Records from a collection
□ □ □ □ □ □ □

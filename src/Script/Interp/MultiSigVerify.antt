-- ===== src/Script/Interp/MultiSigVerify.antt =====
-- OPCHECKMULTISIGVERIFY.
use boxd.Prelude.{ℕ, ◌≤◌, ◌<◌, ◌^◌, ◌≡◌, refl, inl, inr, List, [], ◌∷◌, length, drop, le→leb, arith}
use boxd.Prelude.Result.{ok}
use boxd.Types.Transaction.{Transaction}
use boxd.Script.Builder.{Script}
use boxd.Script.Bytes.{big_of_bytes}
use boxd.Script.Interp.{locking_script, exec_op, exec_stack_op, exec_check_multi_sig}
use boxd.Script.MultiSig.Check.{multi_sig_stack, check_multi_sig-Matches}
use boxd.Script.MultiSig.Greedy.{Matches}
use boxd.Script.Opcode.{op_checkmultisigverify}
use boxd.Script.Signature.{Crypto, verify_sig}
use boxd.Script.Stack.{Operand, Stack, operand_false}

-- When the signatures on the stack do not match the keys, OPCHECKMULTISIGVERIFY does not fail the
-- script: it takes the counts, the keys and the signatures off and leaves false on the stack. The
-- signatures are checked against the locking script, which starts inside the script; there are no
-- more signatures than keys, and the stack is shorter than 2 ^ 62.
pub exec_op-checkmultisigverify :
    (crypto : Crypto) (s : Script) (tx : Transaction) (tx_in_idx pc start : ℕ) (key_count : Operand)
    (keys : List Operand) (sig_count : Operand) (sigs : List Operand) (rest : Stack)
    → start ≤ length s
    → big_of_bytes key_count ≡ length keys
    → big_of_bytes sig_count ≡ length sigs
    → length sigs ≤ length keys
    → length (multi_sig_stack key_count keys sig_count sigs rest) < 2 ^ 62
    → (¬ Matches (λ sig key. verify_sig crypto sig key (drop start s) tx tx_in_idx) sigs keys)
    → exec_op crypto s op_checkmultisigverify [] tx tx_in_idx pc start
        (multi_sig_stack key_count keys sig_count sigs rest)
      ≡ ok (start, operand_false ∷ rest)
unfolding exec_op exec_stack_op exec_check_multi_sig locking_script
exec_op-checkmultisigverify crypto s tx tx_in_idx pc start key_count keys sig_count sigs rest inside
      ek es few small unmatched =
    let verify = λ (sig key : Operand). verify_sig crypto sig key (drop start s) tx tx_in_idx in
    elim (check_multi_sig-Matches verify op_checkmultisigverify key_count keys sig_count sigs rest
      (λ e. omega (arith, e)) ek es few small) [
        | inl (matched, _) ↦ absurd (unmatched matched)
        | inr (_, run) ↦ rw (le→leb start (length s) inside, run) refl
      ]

□ □ □ □ □ □ □

Work instruction: For this exercise, copy the lines from the one that contains "ek es few small unmatched" through the last line of the records, exactly and only those.

Reply:
      ek es few small unmatched =
    let verify = λ (sig key : Operand). verify_sig crypto sig key (drop start s) tx tx_in_idx in
    elim (check_multi_sig-Matches verify op_checkmultisigverify key_count keys sig_count sigs rest
      (λ e. omega (arith, e)) ek es few small) [
        | inl (matched, _) ↦ absurd (unmatched matched)
        | inr (_, run) ↦ rw (le→leb start (length s) inside, run) refl
      ]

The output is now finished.